= Thembavani =

Tamil classic poetical work by Veeramamunivar

Thembavani (தேம்பாவணி; ) is a Tamil classic poetical work by Veeramamunivar (Costanzo Joseph Beschi) (Tamil : வீரமாமுனிவர்) on the life of Saint Joseph, the legal father of Jesus of Nazareth. It is divided into thirty-six cantos, containing 3,615 stanzas.

== Story ==
The poem begins with the birth of Joseph, called Valan. He becomes a staunch ascetic who later marries Mary, a resolute virgin. Through divine intervention, Mary gives birth to a son. The following episodes describe the family's lives. The work ends with Valan's coronation by the Triune God in heavenly glory. Finally, kings from the Holy Roman Empire (England, Ireland, Spain, Gaul, Prussia, Norway, Lusitania, Genoa, Etruria, Parthia, Cyprus, and Paeonia) came to Vienna at the invitation of Leopold I to install the statue of the hero of the epic.

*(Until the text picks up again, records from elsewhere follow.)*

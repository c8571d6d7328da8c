-- ===== src/Companion.antt =====
-- Source/CompanionLink.c: the control channel to the test companion.
-- The UEFI drivers are the `Driver` record: an operation for each call that the code makes, on an
-- arbitrary state `W` of the machine and the network. Texts that UnicodeSPrint formats come from
-- `Printer`. Pointer arguments are not NULL; `udp4` and `mnp` tell whether the link's own are not.
pub mod Frames
pub mod Receive
pub mod Ends
pub mod Requests
pub mod Attempts
pub mod Connect
mod Examples
use Prim.Native.Char.{code}
use Prim.Native.String
use Prim.Native.String.{String}
use ddtsoft_net_test.Base.{
  ℕ, zero, suc, ◌+◌, ◌-◌, ◌*◌, ◌/◌, ◌%◌, ◌^◌, Bool, true, false, not, ◌&&◌, ◌||◌, Option, none,
  some, List, [], ◌∷◌, ◌++◌, length, take, ltb, leb, ◌==◌, if◌then◌else◌, Bytes, copy_mem, store8,
}
use ddtsoft_net_test.Efi.{
  EfiStatus, success, invalid_parameter, unsupported, not_ready, device_error, no_mapping, timeout,
  efi_error,
}
use ddtsoft_net_test.Runner.{Text, codes}

-- COMPANION_STATE
pub data LinkState : Type 0 where
  disconnected connecting connected companion_error : LinkState

-- COMPANION_LINK, without the handles and the addresses that only CompanionInit reads.
pub record Link : Type 0 where
  pub state : LinkState
  pub udp4 : Bool
  pub mnp : Bool
  pub companion_ip : Bytes
  pub port : ℕ
  pub timeout_ms : ℕ
  pub message_id : ℕ
  pub status_msg : Text

abbrev pub max_msg_size : ℕ
max_msg_size = 512

-- What one call of Snp->Receive returns.
pub record Reception : Type 0 where
  pub status : EfiStatus
  pub header_size : ℕ
  pub buf_size : ℕ
  pub rx_buf : Bytes

-- The driver calls. `snp` is `none` where HandleProtocol finds no protocol, otherwise whether its
-- mode is EfiSimpleNetworkInitialized; `token` reads TxToken.Status.
pub record Driver (W : Type 0) : Type 0 where
  pub create_event : W → EfiStatus × W
  pub close_event : W → W
  pub transmit : Bytes → ℕ → Text → W → EfiStatus × W
  pub cancel : W → W
  pub poll : W → W
  pub token : W → EfiStatus
  pub stall : ℕ → W → W
  pub snp : W → Option Bool
  pub receive_filters : W → W
  pub receive : W → Reception × W

pub record Printer : Type 0 where
  pub hello_attempt : ℕ → Text
  pub rx_counts : ℕ → ℕ → ℕ → ℕ → Text

abbrev is_not_ready : EfiStatus → Bool
is_not_ready not_ready = true
is_not_ready _ = false

abbrev is_no_mapping : EfiStatus → Bool
is_no_mapping no_mapping = true
is_no_mapping _ = false

-- What CompanionReceiveResponse finds in a frame: whether it counts as IPv4 and as UDP, and the
-- place and length of the payload that it accepts.
pub record Inspection : Type 0 where
  pub is_ipv4 : ℕ
  pub is_udp : ℕ
  pub payload : Option (ℕ × ℕ)

-- `(UINT16)((P[0] << 8) | P[1])`
abbrev pub be16 : Bytes → ℕ → ℕ
be16 b o = (b o * 256 + b (o + 1)) % 65536

-- `CompareMem (&IpHdr[12], &Link->CompanionIp, 4) == 0`
abbrev pub from_ip : Bytes → ℕ → Bytes → Bool
from_ip b o ip = b o == ip 0 && (b (o + 1) == ip 1 && (b (o + 2) == ip 2 && b (o + 3) == ip 3))

pub inspect : Link → Reception → Inspection
inspect link r =
    let b = r.rx_buf in
    let h = r.header_size in
    let hdr_len = b h % 16 * 4 in
    let udp = h + hdr_len in
    let payload_len = (be16 b (udp + 4) + 65536 - 8) % 65536 in
    if ltb r.buf_size 42 || ltb h 14
    then record { is_ipv4 = 0; is_udp = 0; payload = none }
    else if not (b 12 == 0x08) || not (b 13 == 0)
    then record { is_ipv4 = 0; is_udp = 0; payload = none }
    else if not (b h / 16 == 4)
    then record { is_ipv4 = 0; is_udp = 0; payload = none }
    else if not (b (h + 9) == 17)
    then record { is_ipv4 = 1; is_udp = 0; payload = none }
    else if not (from_ip b (h + 12) link.companion_ip)
    then record { is_ipv4 = 1; is_udp = 1; payload = none }
    else if ltb r.buf_size (h + hdr_len + 8)
    then record { is_ipv4 = 1; is_udp = 1; payload = none }
    else if not (be16 b (udp + 2) == link.port)
    then record { is_ipv4 = 1; is_udp = 1; payload = none }
    else if ltb 0 payload_len && leb (h + hdr_len + 8 + payload_len) r.buf_size
    then record { is_ipv4 = 1; is_udp = 1; payload = some (udp + 8, payload_len) }
    else record { is_ipv4 = 1; is_udp = 1; payload = none }

-- `if (CopyLen >= ResponseSize - 1) CopyLen = ResponseSize - 1;`
pub copy_length : ℕ → ℕ → ℕ
copy_length payload_len response_size =
    if leb (response_size - 1) payload_len then response_size - 1 else payload_len

-- The payload, cut to the buffer, and its NUL.
pub fill_response : Bytes → ℕ → Bytes → ℕ → ℕ → Bytes
fill_response response response_size b o n =
    let k = copy_length n response_size in store8 (copy_mem response 0 (λ i. b (o + i)) k) k 0

-- `AsciiStrnCmp (Response, Prefix, strlen (Prefix)) == 0`, for a prefix without NUL.
pub starts_with : Bytes → ℕ → Text → Bool
starts_with b i [] = true
starts_with b i (c ∷ cs) = let rest = starts_with b (i + 1) cs in b i == c && rest

-- What is left of an exchange: the command was not sent, or not answered, or it has a response.
pub data Exchange : Type 0 where
  unsent unanswered : EfiStatus → Exchange
  answered : Bytes → Exchange

abbrev pub with_msg : Link → String → Link
with_msg link s = record link { status_msg = codes s }

module _ {W : Type 0} (d : Driver W) (p : Printer) where
  -- Ten rounds of Poll and Stall between two tries.
  pub polls : ℕ → W → W
  polls zero w = w
  polls (suc n) w = polls n (d.stall 30000 (d.poll w))

  -- The loop `TxRetry < 8 && Status == EFI_NO_MAPPING` with `tries` left.
  pub transmit_loop : ℕ → Bool → Link → Text → W → EfiStatus × W
  transmit_loop zero retry link command w = (no_mapping, w)
  transmit_loop (suc tries) retry link command w =
      let sent = d.transmit link.companion_ip link.port command (if retry then polls 10 w else w) in
      elim (is_no_mapping sent.0) [
        | true ↦ transmit_loop tries true link command sent.1
        | false ↦ sent
      ]

  -- The loop that polls while the token is not ready and `ms` milliseconds are left.
  pub wait_token : ℕ → W → W
  wait_token zero w = w
  wait_token (suc ms) w = elim (is_not_ready (d.token w)) [
    | true ↦ wait_token ms (d.stall 1000 (d.poll w))
    | false ↦ w
  ]

  -- CompanionSendCommand
  pub send_command : Link → Text → W → EfiStatus × Link × W
  send_command link command w =
      let event = d.create_event w in
      let sent = transmit_loop 8 false link command event.1 in
      let w' = wait_token link.timeout_ms sent.1 in
      if not link.udp4
      then (invalid_parameter, link, w)
      else if length command == 0 || ltb max_msg_size (length command)
      then (invalid_parameter, link, w)
      else if efi_error event.0
      then (event.0, link, event.1)
      else if efi_error sent.0
      then (sent.0, link, d.close_event sent.1)
      else if is_not_ready (d.token w')
      then (timeout, link, d.close_event (d.cancel w'))
      else (
        d.token w',
        record link { message_id = (link.message_id + 1) % 2 ^ 32 },
        d.close_event w',
      )

  -- The loop of CompanionReceiveResponse; `none` where the fuel ends before it.
  pub receive_loop :
      ℕ → Link → Bytes → ℕ → ℕ → ℕ → ℕ × ℕ × ℕ → W → Option (EfiStatus × Link × Bytes × W)
  receive_loop zero link response size timeout_ms elapsed counts w = none
  receive_loop (suc fuel) link response size timeout_ms elapsed (frames, ipv4, udp) w =
      let r = (d.receive w).0 in
      let w' = (d.receive w).1 in
      let found = inspect link r in
      elim (ltb elapsed timeout_ms) [
        | false ↦ some (
          timeout,
          record link { status_msg = p.rx_counts frames ipv4 udp timeout_ms },
          response,
          w,
        )
        | true ↦ elim (efi_error r.status) [
          | true ↦
              receive_loop fuel link response size timeout_ms (elapsed + 2) (frames, ipv4, udp)
                (d.stall 2000 w')
          | false ↦ elim found.payload [
            | none ↦
                receive_loop fuel link response size timeout_ms elapsed
                  (frames + 1, ipv4 + found.is_ipv4, udp + found.is_udp) w'
            | some (o, n) ↦ some (success, link, fill_response response size r.rx_buf o n, w')
          ]
        ]
      ]

  -- CompanionReceiveResponse
  pub receive_response : ℕ → Link → Bytes → ℕ → ℕ → W → Option (EfiStatus × Link × Bytes × W)
  receive_response fuel link response size timeout_ms w =
      if size == 0 then some (invalid_parameter, link, response, w) else elim (d.snp w) [
        | none ↦ some (unsupported, link, response, w)
        | some false ↦ some (not_ready, link, response, w)
        | some true ↦
            receive_loop fuel link (store8 response 0 0) size timeout_ms 0 (0, 0, 0)
              (d.receive_filters w)
      ]

  -- The attempts of CompanionConnect, `left` of them to go.
  pub connect_loop : ℕ → ℕ → ℕ → Link → W → Option (EfiStatus × Link × W)
  connect_loop fuel zero attempt link w = some (timeout, record link { state = companion_error }, w)
  connect_loop fuel (suc left) attempt link w =
      let sent =
        send_command (record link { status_msg = p.hello_attempt (attempt + 1) })
          (codes "HELLO DDTSoft 1.0\n") w in
      elim (efi_error sent.0) [
        | true ↦ connect_loop fuel left (attempt + 1) sent.1 (d.stall 1000000 sent.2)
        | false ↦ elim (receive_response fuel sent.1 (λ k. 0) max_msg_size 2000 sent.2) [
          | none ↦ none
          | some (s, link', response, w') ↦ elim (efi_error s) [
            | true ↦ connect_loop fuel left (attempt + 1) link' w'
            | false ↦ elim (starts_with response 0 (codes "ACK")) [
              | true ↦ some (
                success,
                record link' { state = connected; status_msg = codes "Connected to companion" },
                w',
              )
              | false ↦ elim (starts_with response 0 (codes "ERROR")) [
                | true ↦ some (
                  device_error,
                  record link' {
                    state = companion_error;
                    status_msg = codes "Companion returned error";
                  },
                  w',
                )
                | false ↦ connect_loop fuel left (attempt + 1) link' w'
              ]
            ]
          ]
        ]
      ]

  -- CompanionConnect
  pub connect : ℕ → Link → W → Option (EfiStatus × Link × W)
  connect fuel link w =
      if not link.udp4
      then some (invalid_parameter, link, w)
      else if not link.mnp
      then some (
        unsupported,
        record link { state = companion_error; status_msg = codes "MNP not available for receive" },
        w,
      )
      else connect_loop fuel 3 0 (record link { state = connecting }) w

Thembavani has over 100 references to events and teachings in the Bible. It has an abundance of historical, biblical and fictional characters, including Moses, Joshua, Gideon, Joseph of the Old Testament, Samson, David and Goliath, Nebuchadnezzar, Tobit and Tobias, John the Baptist, Herod, Kunnan, Navakan, Surami, etc. Its actions take place in several places like Bethlehem, Judea, Nazareth, Egypt, Heliopolis, Gaza, Jericho, Sinai, Beersheba, etc.

== Structure ==
The epic comprises 3,615 rhymed quatrains in Tamil with 90 variations, and M. Dominic Raj has translated it into English in unrhymed quatrains of free verse following the ‘Sprung Rhythm’ style of Hopkins. It comprises 3 Parts with 12 sections in each. There are 356 episodes that relate to births, deaths, journeys, wars, celebrations, happenings in the Netherworld, Hell, Heaven, etc. It contains philosophical and theological discussions on God, idolatry, rebirth, Fate, virtue, asceticism, etc.

Thoroughly immersed in Tamil literature and culture, Beschi integrates several literary devices employed by classics such as Kamba Ramayanam and Manimekalai. This is evident in his description of landscapes.

== Reception ==
Prof. Alexander Beecroft of the University of South Carolina regards Thembavani as one of the five World Classics that are yet to be translated into English from their native languages. He places Thembavani as the third on the list.